Task prompt>
For the word "junk", work out how many lines in the records below contain it and state that count alone.

Material for this exercise>
☆ ☆ ☆ ☆ ☆ ☆ ☆

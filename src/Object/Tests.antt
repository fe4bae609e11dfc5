-- ===== src/Object/Tests.antt =====
-- The operations on objects at small inputs. A float is a natural number.
use mathlib.Core.Path.{subst}
use s3d.Base.{
  sym, ap, some_of_eq, zero, suc, ℕ, ◌+◌, ◌*◌, ◌<◌, ◌≡◌, refl, arith, true, false, ◌==◌, none, some,
  List, [], ◌∷◌, length, replicate,
}
use s3d.Object.{Floats, Vertex, Rgba, Mat, Tex, Obj, Table, minus_one, nodata, obj_valid}
use s3d.Object.Sizes.{IsSized, AllSized}
use s3d.Object.Request
use s3d.Object.Push.{obj_push_mat, obj_push_poly, obj_push_line}
use s3d.Object.Del.{obj_del_mat, obj_del_poly, obj_del_line}
use s3d.Object.Texture.{Copy, copies, rows, extent, narrow_diff}
use s3d.Object.Bounds.{IsTexture, AllWithin, copies_escape}
use s3d.Object.Textures.{obj_push_tex}
use s3d.Object.Drawable.{IsDrawable, AllDrawable}
use s3d.Object.Memory.{HasBuffers, push_tex-HasBuffers, load_tex_within}
use s3d.Object.Arrays.{del-push}

abbrev naturals : Floats ℕ
naturals = record {
  zero_f = 0;
  add = λ a b. a + b;
  mul = λ a b. a * b;
  div = λ a b. a;
  sqrt = λ a. a;
  is_zero = λ a. a == 0;
}

abbrev junk : ℕ → ℕ → ℕ
junk i j = 0

abbrev grey : Rgba ℕ
grey = record { r = 5; g = 5; b = 5; a = 9 }

abbrev stone : Mat ℕ
stone = record { amb = grey; spec = grey; diff = grey; tex = minus_one }

abbrev origin : Vertex ℕ
origin = record { x = 0; y = 0; z = 0 }

abbrev tile : Tex
tile = record {
  tw = 2;
  th = 2;
  w = 2;
  h = 2;
  buf = some (replicate 16 7);
  shmid = minus_one;
  gl_texnum = minus_one;
}

abbrev box : Obj ℕ
box = record {
  oflags = 0;
  virtual_pid = 0;
  clone_ooid = 0;
  n_vertex = 1;
  n_mat = 2;
  n_poly = 0;
  n_tex = 3;
  n_line = 0;
  dplist = 4;
  linkid = minus_one;
  lsub = minus_one;
  lnext = minus_one;
  lprev = minus_one;
  p_vertex = origin ∷ [];
  p_mat = stone ∷ stone ∷ [];
  p_poly = [];
  p_line = [];
  p_tex = tile ∷ tile ∷ tile ∷ [];
  translate = origin;
  rotate = origin;
  scale = 1;
  r = 0;
  o_r = 0;
}

abbrev table : Table ℕ
table = some box ∷ none ∷ some (record box { dplist = 0 }) ∷ []

abbrev floats : List ℕ
floats = 1 ∷ 2 ∷ 3 ∷ 4 ∷ 5 ∷ 6 ∷ 7 ∷ 8 ∷ 9 ∷ 10 ∷ 11 ∷ 12 ∷ []

box-IsSized : IsSized box
box-IsSized = record { vertices = refl; mats = refl; polys = refl; lines = refl; texs = refl }

far-IsSized : IsSized (record box { dplist = 0 })
far-IsSized = record { vertices = refl; mats = refl; polys = refl; lines = refl; texs = refl }

table-AllSized : AllSized table
unfolding obj_valid
table-AllSized zero o e = subst (λ (o : Obj ℕ). IsSized o) (some_of_eq e) box-IsSized
table-AllSized (suc zero) o e = absurd (cc e)
table-AllSized (suc (suc zero)) o e = subst (λ (o : Obj ℕ). IsSized o) (some_of_eq e) far-IsSized
table-AllSized (suc (suc (suc i))) o e = absurd (cc e)

box-found : obj_valid table 0 ≡ some box
unfolding obj_valid
box-found = refl

box-data : nodata box ≡ false
unfolding nodata
box-data = refl

del-push_example :
    (obj_valid (obj_del_mat true (obj_push_mat naturals true table 0 floats 1).1 0 1).1 0
      ≡ some (record box { dplist = 0 }))
    × (obj_valid
          (obj_del_poly true
            (obj_push_poly naturals junk true table 0 (1 ∷ 2 ∷ 3 ∷ 0 ∷ []) 1).1
            0
            1).1
          0
        ≡ some (record box { dplist = 0 }))
    × (obj_valid
          (obj_del_line true (obj_push_line naturals true table 0 (1 ∷ 2 ∷ 3 ∷ 0 ∷ []) 1).1 0 1).1
          0
        ≡ some (record box { dplist = 0 }))
del-push_example =
    del-push naturals junk table 0 1 floats (1 ∷ 2 ∷ 3 ∷ 0 ∷ []) box-found box-data box-IsSized

tile-IsTexture : IsTexture tile
tile-IsTexture = record {
  width = omega arith;
  height = omega arith;
  some_width = omega arith;
  width_max = omega arith;
  height_max = omega arith;
}

-- a request of three by three pixels at the place (1, 0): one pixel of each of two rows fits
abbrev clipped : List Copy
clipped = record { dest = 4; src = 0; size = 4 } ∷ record { dest = 12; src = 12; size = 4 } ∷ []

copies-tile : copies tile 1 0 3 3 ≡ some clipped
unfolding copies rows extent narrow_diff
copies-tile = refl

abbrev large : Tex
large = record tile { tw = 4096; th = 4096; w = 4096; h = 4096 }

large-IsTexture : IsTexture large
large-IsTexture = record {
  width = omega arith;
  height = omega arith;
  some_width = omega arith;
  width_max = omega arith;
  height_max = omega arith;
}

copies_escape_example :
    (c : Copy) × (cs : List Copy) × (copies large 40000 4085 1 1 ≡ some (c ∷ cs))
    × (4 * (4096 * 4096) < c.dest + c.size)
copies_escape_example =
    copies_escape large 40000 4085 1 0 large-IsTexture (omega arith) (omega arith) (omega arith)
      (omega arith) (omega arith)

tile-IsDrawable : IsDrawable tile
tile-IsDrawable b e = (tile-IsTexture, ap length (sym (some_of_eq e)))

tiles-AllDrawable : AllDrawable (tile ∷ tile ∷ tile ∷ [])
tiles-AllDrawable = (tile-IsDrawable, (tile-IsDrawable, (tile-IsDrawable, tt)))

table-HasBuffers : HasBuffers table
unfolding obj_valid
table-HasBuffers zero o e =
    subst (λ (o : Obj ℕ). AllDrawable o.p_tex) (some_of_eq e) tiles-AllDrawable
table-HasBuffers (suc zero) o e = absurd (cc e)
table-HasBuffers (suc (suc zero)) o e =
    subst (λ (o : Obj ℕ). AllDrawable o.p_tex) (some_of_eq e) tiles-AllDrawable
table-HasBuffers (suc (suc (suc i))) o e = absurd (cc e)

-- a texture of five by three pixels, and one without height
abbrev sizes : List ℕ
sizes = 5 ∷ 3 ∷ 7 ∷ 0 ∷ []

push_tex-HasBuffers_example :
    AllSized (obj_push_tex (λ i. none) (λ i. (9, 9)) (λ i. tile) true table 0 sizes 2).1
    × HasBuffers (obj_push_tex (λ i. none) (λ i. (9, 9)) (λ i. tile) true table 0 sizes 2).1
push_tex-HasBuffers_example =
    push_tex-HasBuffers (λ i. none) (λ i. (9, 9)) (λ i. tile) true table 0 sizes 2 table-AllSized
      table-HasBuffers

load_tex_within_example : AllWithin 16 36 clipped
load_tex_within_example =
    load_tex_within table 0 1 1 0 3 3 (replicate 36 8) table-HasBuffers box-found refl refl
      copies-tile (omega arith) (omega arith) (omega arith)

☆ ☆ ☆ ☆ ☆ ☆ ☆

Response>
4